2. Из ПалладияМы знавали великого подвижника Виссариона, насколько он был кроток и как велико было его умиление. Как — то мы сидели и беседовали, слушая его душеполезные и спасительные наставления, и пришел авва Милий, который, облобызавшись со старцем, сказал: — Такой — то наш благодетель, постоянно навещавший нас в этой пустыни, умер. Но как при жизни он наилучшим образом распоряжался своим имуществом, так и после смерти наилучшим образом уже все управил. Он передал свое поместье женскому монастырю, который опекает Илия Подвижник, и собрал в нем уже триста подвижниц.
Услышав эти слова, старец заплакал и принялся бить себя по лбу.
— Горе мне, грешнику! — воскликнул он. — Он столько радости принес дьяволу, причинил страшный вред подвижницам и растерял все свою награды! А ты говоришь, что он наилучшим образом все управил?
Мы попытались спорить и говорить, что великая награда в том чтобы помогать подвижницам, Христу обручившимся и Ему единому работающим.

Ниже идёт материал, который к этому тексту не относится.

-- ===== src/RestartManager/Guard.antt =====
-- What the guard of src/restart_manager.py allows, and that a restart closes it.
use teslamate_watchdog.Shared.{
  ℕ, ◌+◌, ◌≤◌, ◌<◌, String, ◌≡◌, ◌↔◌, ◌⊎◌, inl, inr, Option-cases, Bool, true, false, Option, none,
  some, [], ◌∷◌, ◌++◌, arith, leb, last?-snoc, keep-snoc, Bool-cases,
}
use teslamate_watchdog.Config.{Config}
use teslamate_watchdog.StateMachine.{State, logged_out, logger_unhealthy, teslamate_unreachable}
use teslamate_watchdog.StateMachine.States.{value, is_iff, restart_allowed_for_state}
use teslamate_watchdog.RestartManager.{
  seconds, history_retention_seconds, RestartRecord, Manager, save, prune, restarts_in_24h,
  last_restart, seconds_until_cooldown_expires, auth_refusal, evaluate_budget, evaluate,
  record_restart,
}

-- What has to hold for a restart, in terms of the history and not of the guard's tests.
pub record MayRestart (c : Config) (s : State) (streak : ℕ) (reachable : Option Bool) (now : ℕ)
    (m : Manager) : Type 0 where
  pub enabled : c.auto_restart_enabled ≡ true
  pub restartable : (s ≡ logger_unhealthy) ⊎ (s ≡ teslamate_unreachable) ⊎ (s ≡ logged_out)
  pub logout_may_restart :
      s ≡ logged_out → (c.logged_out_restart_enabled ≡ true) × (reachable ≡ some true)
  pub database_confirmed : 2 ≤ streak
  pub cooled_down :
      (r : RestartRecord)
      → last_restart m ≡ some r
      → r.at + seconds c.restart_cooldown_seconds ≤ now
  pub under_cap : restarts_in_24h now m < c.max_restarts_per_24_hours

module _ (c : Config) (s : State) (streak : ℕ) (reachable : Option Bool) (now : ℕ)
    (m : Manager) where
  restart_allowed_for_state_iff :
      (restart_allowed_for_state s ≡ true)
      ↔ ((s ≡ logger_unhealthy) ⊎ (s ≡ teslamate_unreachable) ⊎ (s ≡ logged_out))
  unfolding restart_allowed_for_state
  restart_allowed_for_state_iff = ground arith

  auth_refusal_iff :
      (auth_refusal c s reachable ≡ none)
      ↔ (s ≡ logged_out → (c.logged_out_restart_enabled ≡ true) × (reachable ≡ some true))
  unfolding auth_refusal
  auth_refusal_iff = ground (arith, is_iff s logged_out)

  cooled_down_iff : (seconds_until_cooldown_expires c now m ≡ 0) ↔ (
      (r : RestartRecord)
      → last_restart m ≡ some r
      → r.at + seconds c.restart_cooldown_seconds ≤ now)
  unfolding seconds_until_cooldown_expires
  cooled_down_iff = elim (Option-cases (last_restart m)) [
    | inl e ↦ (λ h r e'. cc, λ h. rw (e, seconds_until_cooldown_expires))
    | inr (r, e) ↦ (λ h x e'. ground arith, λ h. ground (arith, h r e))
  ]

  evaluate_budget_iff : ((evaluate_budget c s streak now m).allowed ≡ true) ↔ (
      (2 ≤ streak)
      × (seconds_until_cooldown_expires c now m ≡ 0)
      × (restarts_in_24h now m < c.max_restarts_per_24_hours))
  unfolding evaluate_budget
  evaluate_budget_iff = ground arith

  -- The guard allows a restart exactly if all conditions of the policy hold: enabled, a
  -- restartable state, for a logout its setting and Tesla's host reachable, the database
  -- confirmed, the cooldown over, and fewer restarts than the cap.
  pub evaluate-MayRestart :
      ((evaluate c s streak reachable now m).allowed ≡ true) ↔ MayRestart c s streak reachable now m
  unfolding evaluate
  evaluate-MayRestart = (
    λ h. record {
      enabled = ground arith;
      restartable = ground (arith, restart_allowed_for_state_iff);
      logout_may_restart = ground (arith, auth_refusal_iff);
      database_confirmed = ground (arith, evaluate_budget_iff);
      cooled_down = ground (arith, cooled_down_iff, evaluate_budget_iff);
      under_cap = ground (arith, evaluate_budget_iff);
    },
    λ h. ground (
      arith,
      h.enabled,
      restart_allowed_for_state_iff.1 h.restartable,
      auth_refusal_iff.1 h.logout_may_restart,
      cooled_down_iff.1 h.cooled_down,
      evaluate_budget_iff,
    ),
  )

module _ (isoformat : ℕ → String) (s : State) (reason : String) (now : ℕ) (m : Manager) where
  -- the record that `record` appends
  abbrev pub made : RestartRecord
  made = record { at = now; state = value s; reason = reason }

  -- The new record outlives the pruning, whether or not the history could be written.
  pub history-record_restart :
      (writable : Bool)
      → (record_restart isoformat writable s reason now m).history
        ≡ (prune now m).history ++ made ∷ []
  unfolding record_restart prune save
  history-record_restart writable =
      ground
        (arith, keep-snoc (λ r. leb now (r.at + seconds history_retention_seconds)) m.history made)

  pub last_restart-record_restart :
      (writable : Bool)
      → last_restart (record_restart isoformat writable s reason now m) ≡ some made
  unfolding last_restart
  last_restart-record_restart writable =
      rw (history-record_restart writable) (last?-snoc (prune now m).history made)

  -- Once a restart is recorded, written or not, the guard refuses every further one, for any
  -- state, until the cooldown is over.
  pub record_restart-evaluate :
      (c : Config) (writable : Bool) (s' : State) (streak : ℕ) (reachable : Option Bool) (later : ℕ)
      → later < now + seconds c.restart_cooldown_seconds
      → (evaluate c s' streak reachable later
          (record_restart isoformat writable s reason now m)).allowed
        ≡ false
  record_restart-evaluate c writable s' streak reachable later h =
      let after = record_restart isoformat writable s reason now m in
      elim (Bool-cases (evaluate c s' streak reachable later after).allowed) [
        | inl allowed ↦ absurd (
            let may = (evaluate-MayRestart c s' streak reachable later after).0 allowed in
            omega (arith, may.cooled_down made (last_restart-record_restart writable)))
        | inr refused ↦ refused
      ]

— Поверьте мне, чада, — возразил старец, — со мной то же самое было. Я видел авву Герасима, о котором упомянуто в житии Евфимия Великого. Пришел в Иерусалим, помолился и на обратном пути (а было мне двадцать пять лет) услышал о его смерти. Слушая, как лев скончался с ревом на его могиле, я был поражен в самое сердце любовью к Богу. Тотчас я раздал свое имущество, оставив за собой только одно имение, чтобы разместить там скит великого монастыря в Александрии.
Я отправился и предал себя в волю аввы Исидора Пилусиота. Я сказал ему: «Авва, я желаю, по Божьему велению, отречься от мира. Я раздал все свое имущество, оставил себе только одно именье ради подвижниц. Но его хочет купить богатый человек, императорский наместник, и он мне предлагает за него семьдесят фунтов золота. Продавать имение или нет?» Старец ответил: «Если он оценил имение в семьдесят фунтов, уступи ему за пятьдесят, а вырученное золото раздай подвижницам, и получишь большую награду. Если ты отдашь им имение, то ввергнешь их в великое смятение и суетные занятия и так доведешь до скверны блуда».
Я не послушался старца, но вернулся к себе и подписал Дарственную на имение. Подпись я ставил в присутствии Александрийского папы, всего клира, градоначальника и свирелей. Вручив монахиням бумагу, я без промедления вернулся в скит.
Через шестнадцать месяцев вижу во сне, что я оказал Вифлееме и стою перед священной пещерой. Пещера наполнена дивным несказанным светом, а мужи в священных одеяниях воспевают Жену, облаченную в багряницу. Ее красоту невозможно передать. В изумлении и в страхе от этого ужасающего видения я хотел бежать, но один из святых мужей, самый величественный, подошел ко мне, сурово на меня взглянул и сказал строгим голосом: «Скажи, Евстафий (это было мое мирское имя), чем ты оправдаешься за подвижниц? с того дня, как ты передал им имение, они гневают Господа! Велено мне умертвить тебя, если тотчас не исправишь свою ошибку». Я в страхе ответил: «Господи, я отдал им имение вместе с рабами и скотиной не для того, чтобы гневить Бога».